REI-Bench: Can Embodied Agents Understand Vague Human Instructions in Task Planning?

This paper introduces REI-Bench, the first benchmark for evaluating robot task planning under vague referring expressions, revealing that such vagueness significantly degrades performance and demonstrating that a task-oriented context cognition approach effectively mitigates this issue to improve accessibility for non-expert users.

Chenxi Jiang, Chuhao Zhou, Jianfei Yang

Published Thu, 12 Ma
📖 4 min read☕ Coffee break read

Here is an explanation of the paper REI-Bench, translated into simple, everyday language with some creative analogies.

The Big Problem: The Robot's "Mind Reading" Struggle

Imagine you have a super-smart robot butler. You tell it, "Please move the heavy stuff outside."

If you are standing in a kitchen where the only heavy thing is a giant pot, a human understands instantly: "Oh, they mean the pot." But for a robot, "heavy stuff" is a nightmare. Is it the pot? The bag of flour? The cast-iron pan?

The paper argues that while robots are getting great at following clear instructions (like "Move the pot"), they are terrible at following vague instructions (like "Move it" or "Move the heavy stuff"). This is a huge problem because real humans—especially the elderly, children, or people in a hurry—don't speak like robots. They use shortcuts, pronouns, and descriptions that rely on context.

The Solution: A New "Gym" for Robots (REI-Bench)

To fix this, the researchers built a new training ground called REI-Bench. Think of this as a "gym" for robot brains, but instead of lifting weights, the robots have to solve puzzles involving vague language.

They created a dataset of 2,700 scenarios based on real-life conversations. They tested the robots in three different "difficulty modes":

  1. The "Clear" Mode: The human says, "Move the pot." (Easy peasy).
  2. The "Mixed" Mode: The human says, "Move the pot," but then later says, "Now move it." (The robot has to remember what "it" refers to).
  3. The "Vague & Distracting" Mode: The human says, "Move the heavy thing," while the conversation is full of noise, like mentioning a person named "Apple" (who isn't a fruit) or talking about a "heavy" book that isn't the target.

The Result: When the instructions got vague, the robots' success rate crashed. Some failed 37% more often than when the instructions were clear. They started grabbing the wrong items, like picking up a plate instead of the pot because they couldn't figure out what "the heated one" meant.

Why Do Robots Fail? (The "Distraction" Analogy)

The researchers discovered that the robots aren't "dumb"; they just get distracted.
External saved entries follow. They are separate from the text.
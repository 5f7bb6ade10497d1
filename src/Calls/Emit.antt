-- ===== src/Calls/Emit.antt =====
-- The rows of calls: `_resolve_and_emit_call`, `_resolve_method_calls`, `_process_file_calls` and `pass3_calls` of
-- src/java_codebase_rag/graph/build_ast_graph.py. Arguments: the id of a phantom for its name, and `str` of a number.
pub mod Counted
pub mod Part
pub mod Sited
use jrag.Base.{
  ℕ, zero, suc, ◌+◌, Bool, true, false, not, Option, none, some, List, [], ◌∷◌, ◌++◌, map,
  if◌then◌else◌, ◌&&◌, ◌||◌, ◌==◌, length, take, Text, text_of, same_text, one_of,
}
use jrag.Calls.{Table, keep, CallSite, MethodDecl, MemberEntry, Tables, FileAst}
use jrag.Calls.Names.{Scope, scope_table}
use jrag.Calls.Lookup.{lookup_method_candidates, collapse_supertype_duplicates}
use jrag.Calls.Receiver.{
  Strategy, static_import, static_import_wildcard, chained_receiver, phantom, import_map,
  unique_type_name, suffix, this_super, implicit_super, same_module, method_reference, constructor,
  overload_ambiguous, Receiver, resolve_receiver_type,
}

pub record CallsRow : Type 0 where
  pub src_id : Text
  pub dst_id : Text
  pub line : ℕ
  pub byte : ℕ
  pub arg_count : Option ℕ
  pub confidence : ℕ
  pub strategy : Strategy
  pub resolved : Bool

pub data SiteReason : Type 0 where
  chained unresolved_receiver : SiteReason

-- `UnresolvedCallSiteRow`; its id is made of the caller's and the place.
pub record SiteRow : Type 0 where
  pub caller_id : Text
  pub call : CallSite
  pub reason : SiteReason

pub record Stats : Type 0 where
  pub total : ℕ
  pub by_strategy : Strategy → ℕ
  pub phantom_chained : ℕ
  pub phantom_other : ℕ
  pub callee_unresolved : ℕ
  pub skipped_cross_service : ℕ

-- What the pass writes: rows of both kinds, in order, and the phantoms by id and name.
pub record Output : Type 0 where
  pub calls_rows : List CallsRow
  pub site_rows : List SiteRow
  pub phantoms : List (Text × Text)
  pub stats : Stats

-- The number of a strategy, by which two are compared.
abbrev pub strategy_number : Strategy → ℕ
strategy_number static_import = 0
strategy_number static_import_wildcard = 1
strategy_number chained_receiver = 2
strategy_number phantom = 3
strategy_number import_map = 4
strategy_number unique_type_name = 5
strategy_number suffix = 6
strategy_number this_super = 7
strategy_number implicit_super = 8
strategy_number same_module = 9
strategy_number method_reference = 10
strategy_number constructor = 11
strategy_number overload_ambiguous = 12

abbrev pub same_strategy : Strategy → Strategy → Bool
same_strategy s t = strategy_number s == strategy_number t

-- `_emit_unresolved_call_site`
unfoldable pub emit_unresolved_call_site : Text → CallSite → SiteReason → Output → Output
emit_unresolved_call_site caller call chained o = record o {
  site_rows = o.site_rows ++ (record { caller_id = caller; call = call; reason = chained } ∷ []);
  stats = record o.stats { phantom_chained = suc o.stats.phantom_chained };
}
emit_unresolved_call_site caller call unresolved_receiver o = record o {
  site_rows =
      o.site_rows
      ++ (record { caller_id = caller; call = call; reason = unresolved_receiver } ∷ []);
  stats = record o.stats { phantom_other = suc o.stats.phantom_other };
}

-- `_emit_call_edge`
unfoldable pub emit_call_edge : CallsRow → Output → Output
emit_call_edge row o = record o {
  calls_rows = o.calls_rows ++ (row ∷ []);
  stats = record o.stats {
    total = suc o.stats.total;
    by_strategy = λ s.
        (if same_strategy s row.strategy
          then suc (o.stats.by_strategy s)
          else o.stats.by_strategy s);
    callee_unresolved =
        if row.resolved then o.stats.callee_unresolved else suc o.stats.callee_unresolved;
  };
}

unfoldable pub emit_all : List CallsRow → Output → Output
unfolding emit_call_edge
emit_all [] o = o
emit_all (row ∷ rows) o = emit_all rows (emit_call_edge row o)

abbrev pub same_service : MemberEntry → MemberEntry → Bool
same_service m c = same_text c.microservice m.microservice

abbrev pub is_text : Text → Bool
is_text [] = false
is_text (c ∷ cs) = true

-- Candidates of another microservice, which are counted where they are left out.
abbrev pub is_foreign : MemberEntry → MemberEntry → Bool
is_foreign m c = is_text c.microservice && not (same_service m c)

-- `if same_ms and len(same_ms) != len(candidates)`
abbrev pub narrow : MemberEntry → List MemberEntry → List MemberEntry → List MemberEntry × ℕ
narrow m [] candidates = (candidates, 0)
narrow m (s ∷ same_ms) candidates =
    if length (s ∷ same_ms) == length candidates
    then (candidates, 0)
    else (s ∷ same_ms, length (keep (is_foreign m) candidates))

-- The candidates of the caller's microservice, if it has one and there are any, and how many are skipped.
unfoldable pub own_service : MemberEntry → List MemberEntry → List MemberEntry × ℕ
unfolding keep
own_service m candidates =
    if is_text m.microservice
    then narrow m (keep (same_service m) candidates) candidates
    else (candidates, 0)

abbrev is_init : CallSite → Bool
is_init call = same_text call.callee_simple (text_of "<init>")

-- The call that the parser puts in for an implicit `super()`.
abbrev is_implicit_super : MemberEntry → CallSite → Bool
is_implicit_super m call =
    is_init call
    && (same_text call.receiver_expr (text_of "super")
        && (call.byte == m.decl.start_byte && call.line == m.decl.start_line))

abbrev is_several : List MemberEntry → Bool
is_several (c ∷ d ∷ cs) = true
is_several _ = false

-- The strategy and the confidence of the edge.
unfoldable pub edge_strategy :
    MemberEntry → CallSite → Receiver → Bool → List MemberEntry → Strategy × ℕ
edge_strategy m call r name_only candidates = elim call.arg_count [
  | none ↦ (method_reference, r.confidence)
  | some n ↦
      if is_implicit_super m call
      then (implicit_super, 90)
      else if is_init call
      then (constructor, r.confidence)
      else if name_only && is_several candidates
      then (overload_ambiguous, r.confidence)
      else (r.strategy, r.confidence)
]

abbrev reference_arity : CallSite → MemberEntry → Option ℕ
reference_arity call c = elim call.arg_count [
  | none ↦ some (length c.decl.parameters)
  | some n ↦ some n
]

abbrev pub resolved_row : MemberEntry → CallSite → Strategy → ℕ → MemberEntry → CallsRow
resolved_row m call strategy confidence c = record {
  src_id = m.node_id;
  dst_id = c.node_id;
  line = call.line;
  byte = call.byte;
  arg_count = reference_arity call c;
  confidence = confidence;
  strategy = strategy;
  resolved = true;
}

abbrev pub unresolved_row : MemberEntry → CallSite → Text → Strategy × ℕ → CallsRow
unresolved_row m call pid s = record {
  src_id = m.node_id;
  dst_id = pid;
  line = call.line;
  byte = call.byte;
  arg_count = call.arg_count;
  confidence = s.1;
  strategy = s.0;
  resolved = false;
}

-- The rows for the candidates, several of which are ambiguous.
abbrev pub candidate_rows : MemberEntry → CallSite → Strategy × ℕ → List MemberEntry → List CallsRow
candidate_rows m call s (c ∷ []) = resolved_row m call s.0 s.1 c ∷ []
candidate_rows m call s cs = map (λ c. resolved_row m call overload_ambiguous s.1 c) cs

abbrev pub collapsed : Tables → Text → CallSite → Strategy → List MemberEntry → List MemberEntry
collapsed tables recv call s candidates =
    if same_strategy s overload_ambiguous
    then candidates
    else collapse_supertype_duplicates tables recv call candidates

abbrev pub count_skipped : ℕ → Output → Output
count_skipped n o = record o {
  stats = record o.stats { skipped_cross_service = o.stats.skipped_cross_service + n };
}

abbrev pub add_phantom : Text → Text → Output → Output
add_phantom pid fqn o =
    if one_of pid (map (λ p. p.0) o.phantoms)
    then o
    else record o { phantoms = o.phantoms ++ ((pid, fqn) ∷ []) }

-- `_phantom_method_id` of a resolved receiver
abbrev pub phantom_fqn : Text → Text → Text
phantom_fqn recv callee = recv ++ (b'#' ∷ (callee ++ text_of "(?)"))

module _ (phantom_id : Text → Text) (tables : Tables) (ast : FileAst) where
  -- Behind the empty-candidates check.
  unfoldable pub emit_candidates :
      MemberEntry → CallSite → Text → Strategy × ℕ → List MemberEntry → Output → Output
  unfolding emit_all emit_call_edge collapse_supertype_duplicates one_of
  emit_candidates m call recv s [] o =
      let fqn = phantom_fqn recv call.callee_simple in
      let pid = phantom_id fqn in
      emit_call_edge (unresolved_row m call pid s) (add_phantom pid fqn o)
  emit_candidates m call recv s (c ∷ cs) o =
      emit_all (candidate_rows m call s (collapsed tables recv call s.0 (c ∷ cs))) o

  -- A call on a receiver of a known type.
  unfoldable pub emit_on_type : MemberEntry → CallSite → Receiver → Text → Output → Output
  unfolding lookup_method_candidates own_service edge_strategy emit_candidates
  emit_on_type m call r recv o =
      let (all, name_only) =
        lookup_method_candidates tables recv call.callee_simple call.arg_count in
      let (candidates, skipped) = own_service m all in
      emit_candidates m call recv (edge_strategy m call r name_only candidates) candidates
        (count_skipped skipped o)

  abbrev pub emit_typed : MemberEntry → CallSite → Receiver → Option Text → Output → Output
  emit_typed m call r none o = emit_unresolved_call_site m.node_id call unresolved_receiver o
  emit_typed m call r (some recv) o = emit_on_type m call r recv o

  -- A receiver that the strategy calls chained has no type.
  abbrev pub emit_received : MemberEntry → CallSite → Receiver → Output → Output
  emit_received m call r o =
      if same_strategy r.strategy chained_receiver
      then emit_unresolved_call_site m.node_id call chained o
      else emit_typed m call r r.type_fqn o

  abbrev pub emit_or_skip : MemberEntry → CallSite → Option Receiver → Output → Output
  emit_or_skip m call none o = o
  emit_or_skip m call (some r) o = emit_received m call r o

  -- `_resolve_and_emit_call`, with the `except` around it: where resolving the receiver raises, nothing is emitted.
  unfoldable pub resolve_and_emit_call : Scope → MemberEntry → CallSite → Output → Output
  unfolding resolve_receiver_type emit_unresolved_call_site emit_on_type
  resolve_and_emit_call scope m call o =
      emit_or_skip m call (resolve_receiver_type tables ast scope m call) o

  unfoldable pub emit_calls : Scope → MemberEntry → List CallSite → Output → Output
  unfolding resolve_and_emit_call
  emit_calls scope m [] o = o
  emit_calls scope m (call ∷ calls) o =
      emit_calls scope m calls (resolve_and_emit_call scope m call o)

  -- `_resolve_method_calls`
  unfoldable pub resolve_method_calls : MemberEntry → Output → Output
  unfolding scope_table emit_calls
  resolve_method_calls m o = emit_calls (scope_table tables ast m) m m.decl.call_sites o

  -- `_process_file_calls`
  unfoldable pub process_file_calls : Text → List MemberEntry → Output → Output
  unfolding resolve_method_calls
  process_file_calls path [] o = o
  process_file_calls path (m ∷ ms) o =
      process_file_calls path ms
        (if same_text m.file_path path then resolve_method_calls m o else o)

-- The loop of `pass3_calls` over the parsed files.
unfoldable pub pass3_calls : (Text → Text) → Tables → List (Text × FileAst) → Output → Output
unfolding process_file_calls
pass3_calls phantom_id tables [] o = o
pass3_calls phantom_id tables ((path, ast) ∷ asts) o =
    pass3_calls phantom_id tables asts
      (process_file_calls phantom_id tables ast path tables.members o)

abbrev pub no_output : Output
no_output = record {
  calls_rows = [];
  site_rows = [];
  phantoms = [];
  stats = record {
    total = 0;
    by_strategy = λ s. 0;
    phantom_chained = 0;
    phantom_other = 0;
    callee_unresolved = 0;
    skipped_cross_service = 0;
  };
}
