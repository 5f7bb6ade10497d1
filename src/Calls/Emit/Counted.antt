-- ===== src/Calls/Emit/Counted.antt =====
-- The statistics of pass 3 in src/java_codebase_rag/graph/build_ast_graph.py count the rows that it writes.
use jrag.Base.{
  map, one_of, ℕ, ◌+◌, Bool, true, false, Option, none, some, List, [], ◌∷◌, ◌++◌, ◌≡◌, refl, arith,
  if◌then◌else◌, length, length-append, Bool-cases, inl, inr, Text, same_text,
}
use jrag.Calls.{CallSite, MemberEntry, Tables, FileAst}
use jrag.Calls.Names.{Scope, scope_table}
use jrag.Calls.Receiver.{Strategy, chained_receiver, Receiver, resolve_receiver_type}
use jrag.Calls.Lookup.{lookup_method_candidates}
use jrag.Calls.Emit.{
  add_phantom, count_skipped, unresolved_row, emit_typed, CallsRow, SiteRow, SiteReason, chained,
  unresolved_receiver, Output, same_strategy, emit_unresolved_call_site, emit_call_edge, emit_all,
  own_service, edge_strategy, candidate_rows, collapsed, phantom_fqn, emit_candidates, emit_on_type,
  emit_or_skip, resolve_and_emit_call, emit_calls, resolve_method_calls, process_file_calls,
  pass3_calls, no_output,
}

pub count_strategy : Strategy → List CallsRow → ℕ
count_strategy s [] = 0
count_strategy s (r ∷ rows) = (if same_strategy s r.strategy then 1 else 0) + count_strategy s rows

pub count_unresolved : List CallsRow → ℕ
count_unresolved [] = 0
count_unresolved (r ∷ rows) = (if r.resolved then 0 else 1) + count_unresolved rows

abbrev pub is_chained : SiteReason → Bool
is_chained chained = true
is_chained unresolved_receiver = false

pub count_chained : List SiteRow → ℕ
count_chained [] = 0
count_chained (r ∷ rows) = (if is_chained r.reason then 1 else 0) + count_chained rows

pub record IsCounted (o : Output) : Type 0 where
  pub total : o.stats.total ≡ length o.calls_rows
  pub strategies : (s : Strategy) → o.stats.by_strategy s ≡ count_strategy s o.calls_rows
  pub unresolved : o.stats.callee_unresolved ≡ count_unresolved o.calls_rows
  pub chained_sites : o.stats.phantom_chained ≡ count_chained o.site_rows
  pub sites : o.stats.phantom_chained + o.stats.phantom_other ≡ length o.site_rows

count_strategy-append :
    (s : Strategy) (xs ys : List CallsRow)
    → count_strategy s (xs ++ ys) ≡ count_strategy s xs + count_strategy s ys
unfolding count_strategy
count_strategy-append s [] ys = omega arith
count_strategy-append s (r ∷ rows) ys = omega (arith, count_strategy-append s rows ys)

count_unresolved-append :
    (xs ys : List CallsRow)
    → count_unresolved (xs ++ ys) ≡ count_unresolved xs + count_unresolved ys
unfolding count_unresolved
count_unresolved-append [] ys = omega arith
count_unresolved-append (r ∷ rows) ys = omega (arith, count_unresolved-append rows ys)

count_chained-append :
    (xs ys : List SiteRow) → count_chained (xs ++ ys) ≡ count_chained xs + count_chained ys
unfolding count_chained
count_chained-append [] ys = omega arith
count_chained-append (r ∷ rows) ys = omega (arith, count_chained-append rows ys)

emit_call_edge-IsCounted :
    (row : CallsRow) (o : Output) → IsCounted o → IsCounted (emit_call_edge row o)
unfolding emit_call_edge count_strategy count_unresolved
emit_call_edge-IsCounted row o h = record {
  total = omega (arith, h.total, length-append o.calls_rows (row ∷ []));
  strategies = λ s. ground (arith, h.strategies s, count_strategy-append s o.calls_rows (row ∷ []));
  unresolved = ground (arith, h.unresolved, count_unresolved-append o.calls_rows (row ∷ []));
  chained_sites = h.chained_sites;
  sites = h.sites;
}

emit_site-IsCounted :
    (caller : Text) (call : CallSite) (why : SiteReason) (o : Output)
    → IsCounted o
    → IsCounted (emit_unresolved_call_site caller call why o)
unfolding emit_unresolved_call_site count_chained
emit_site-IsCounted caller call chained o h =
    let row : SiteRow = record { caller_id = caller; call = call; reason = chained } in
    record {
      total = h.total;
      strategies = h.strategies;
      unresolved = h.unresolved;
      chained_sites = omega (arith, h.chained_sites, count_chained-append o.site_rows (row ∷ []));
      sites = omega (arith, h.sites, length-append o.site_rows (row ∷ []));
    }
emit_site-IsCounted caller call unresolved_receiver o h =
    let row : SiteRow = record { caller_id = caller; call = call; reason = unresolved_receiver } in
    record {
      total = h.total;
      strategies = h.strategies;
      unresolved = h.unresolved;
      chained_sites = omega (arith, h.chained_sites, count_chained-append o.site_rows (row ∷ []));
      sites = omega (arith, h.sites, length-append o.site_rows (row ∷ []));
    }

emit_all-IsCounted : (rows : List CallsRow) (o : Output) → IsCounted o → IsCounted (emit_all rows o)
unfolding emit_all
emit_all-IsCounted [] o h = h
emit_all-IsCounted (row ∷ rows) o h =
    emit_all-IsCounted rows (emit_call_edge row o) (emit_call_edge-IsCounted row o h)

add_phantom-IsCounted :
    (pid fqn : Text) (o : Output) → IsCounted o → IsCounted (add_phantom pid fqn o)
add_phantom-IsCounted pid fqn o h =
    elim (Bool-cases (one_of pid (map (λ (p : Text × Text). p.0) o.phantoms))) [
      | inl e ↦ rw e h
      | inr e ↦ rw e (record {
        total = h.total;
        strategies = h.strategies;
        unresolved = h.unresolved;
        chained_sites = h.chained_sites;
        sites = h.sites;
      })
    ]

count_skipped-IsCounted : (n : ℕ) (o : Output) → IsCounted o → IsCounted (count_skipped n o)
count_skipped-IsCounted n o h = record {
  total = h.total;
  strategies = h.strategies;
  unresolved = h.unresolved;
  chained_sites = h.chained_sites;
  sites = h.sites;
}

module _ (phantom_id : Text → Text) (tables : Tables) (ast : FileAst) where
  emit_candidates-IsCounted :
      (m : MemberEntry) (call : CallSite) (recv : Text) (s : Strategy × ℕ) (cs : List MemberEntry)
      (o : Output)
      → IsCounted o
      → IsCounted (emit_candidates phantom_id tables ast m call recv s cs o)
  unfolding emit_candidates
  emit_candidates-IsCounted m call recv s [] o h =
      let fqn = phantom_fqn recv call.callee_simple in
      emit_call_edge-IsCounted (unresolved_row m call (phantom_id fqn) s)
        (add_phantom (phantom_id fqn) fqn o) (add_phantom-IsCounted (phantom_id fqn) fqn o h)
  emit_candidates-IsCounted m call recv s (c ∷ cs) o h =
      emit_all-IsCounted (candidate_rows m call s (collapsed tables recv call s.0 (c ∷ cs))) o h

  emit_on_type-IsCounted :
      (m : MemberEntry) (call : CallSite) (r : Receiver) (recv : Text) (o : Output)
      → IsCounted o
      → IsCounted (emit_on_type phantom_id tables ast m call r recv o)
  unfolding emit_on_type
  emit_on_type-IsCounted m call r recv o h =
      let found = lookup_method_candidates tables recv call.callee_simple call.arg_count in
      let own = own_service m found.0 in
      emit_candidates-IsCounted m call recv (edge_strategy m call r found.1 own.0) own.0
        (count_skipped own.1 o) (count_skipped-IsCounted own.1 o h)

  emit_typed-IsCounted :
      (m : MemberEntry) (call : CallSite) (r : Receiver) (recv : Option Text) (o : Output)
      → IsCounted o
      → IsCounted (emit_typed phantom_id tables ast m call r recv o)
  emit_typed-IsCounted m call r none o h =
      emit_site-IsCounted m.node_id call unresolved_receiver o h
  emit_typed-IsCounted m call r (some recv) o h = emit_on_type-IsCounted m call r recv o h

  emit_or_skip-IsCounted :
      (m : MemberEntry) (call : CallSite) (r : Option Receiver) (o : Output)
      → IsCounted o
      → IsCounted (emit_or_skip phantom_id tables ast m call r o)
  emit_or_skip-IsCounted m call none o h = h
  emit_or_skip-IsCounted m call (some r) o h =
      elim (Bool-cases (same_strategy r.strategy chained_receiver)) [
        | inl e ↦ rw e (emit_site-IsCounted m.node_id call chained o h)
        | inr e ↦ rw e (emit_typed-IsCounted m call r r.type_fqn o h)
      ]

  emit_calls-IsCounted :
      (scope : Scope) (m : MemberEntry) (calls : List CallSite) (o : Output)
      → IsCounted o
      → IsCounted (emit_calls phantom_id tables ast scope m calls o)
  unfolding emit_calls resolve_and_emit_call
  emit_calls-IsCounted scope m [] o h = h
  emit_calls-IsCounted scope m (call ∷ calls) o h =
      emit_calls-IsCounted scope m calls _
        (emit_or_skip-IsCounted m call (resolve_receiver_type tables ast scope m call) o h)

  process_file_calls-IsCounted :
      (path : Text) (ms : List MemberEntry) (o : Output)
      → IsCounted o
      → IsCounted (process_file_calls phantom_id tables ast path ms o)
  unfolding process_file_calls resolve_method_calls
  process_file_calls-IsCounted path [] o h = h
  process_file_calls-IsCounted path (m ∷ ms) o h = elim (Bool-cases (same_text m.file_path path)) [
    | inl e ↦ rw e (
        process_file_calls-IsCounted path ms (resolve_method_calls phantom_id tables ast m o)
          (emit_calls-IsCounted (scope_table tables ast m) m m.decl.call_sites o h))
    | inr e ↦ rw e (process_file_calls-IsCounted path ms o h)
  ]

pass3-IsCounted :
    (phantom_id : Text → Text) (tables : Tables) (asts : List (Text × FileAst)) (o : Output)
    → IsCounted o
    → IsCounted (pass3_calls phantom_id tables asts o)
unfolding pass3_calls
pass3-IsCounted phantom_id tables [] o h = h
pass3-IsCounted phantom_id tables ((path, ast) ∷ asts) o h =
    pass3-IsCounted phantom_id tables asts
      (process_file_calls phantom_id tables ast path tables.members o)
      (process_file_calls-IsCounted phantom_id tables ast path tables.members o h)

-- Whatever the tables and the files are, the statistics that pass 3 reports agree with the rows it has written: the
-- total, the rows of each strategy, the unresolved callees, the chained sites, and all sites without a receiver.
pub pass3_calls-IsCounted :
    (phantom_id : Text → Text) (tables : Tables) (asts : List (Text × FileAst))
    → IsCounted (pass3_calls phantom_id tables asts no_output)
unfolding count_strategy count_unresolved count_chained
pass3_calls-IsCounted phantom_id tables asts =
    pass3-IsCounted phantom_id tables asts no_output (record {
      total = refl;
      strategies = λ s. refl;
      unresolved = refl;
      chained_sites = refl;
      sites = refl;
    })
Imagine a student taking a math test.

  • Clear Instruction: "Solve for X." The student focuses on the math.
  • Vague Instruction: "Solve for the thing that makes the answer happy."

The robot's brain (the Large Language Model) tries to do two things at once:

  1. Understand the language (Figure out what "it" means).
  2. Plan the actions (Pick up, move, put down).

When the language is vague, the robot gets so stuck trying to figure out the meaning that it forgets how to plan the actions. It's like a driver trying to read a map while driving; they get confused and crash. The robot spends all its "brain power" guessing the word and runs out of power to actually move the object.

The Fix: "The Translator" (TOCC)

The paper proposes a clever, simple fix called TOCC (Task-Oriented Context Cognition).

Instead of asking the robot to "Guess the meaning AND plan the move" at the same time, TOCC splits the job into two steps, like a Translator and a Manager.

  1. Step 1: The Translator (Cognition): The robot first acts as a translator. It looks at the vague instruction ("Move the heavy stuff") and the conversation history, then rewrites it into a crystal-clear command: "Move the pot."
  2. Step 2: The Manager (Planning): Now, the robot takes this clear command and simply plans the moves. No guessing, no confusion.

The Analogy:
Think of it like a chef and a sous-chef.

  • Without TOCC: The chef tries to read a scribbled note from a customer ("Make the spicy red thing") while simultaneously chopping vegetables. They chop the wrong thing.
  • With TOCC: The sous-chef (Translator) reads the note, asks the customer for clarification, and writes a clear ticket: "Make the Spicy Red Chili." The chef (Planner) then just follows the clear ticket perfectly.

The Takeaway

This paper teaches us that to make robots useful for real people (like grandma or a toddler), we can't just give them smarter brains. We have to teach them to translate human vagueness into clear instructions before they try to act.

By adding this "Translator" step, the researchers made the robots significantly better at understanding us, proving that sometimes, the best way to help a robot is to help it understand what we really mean.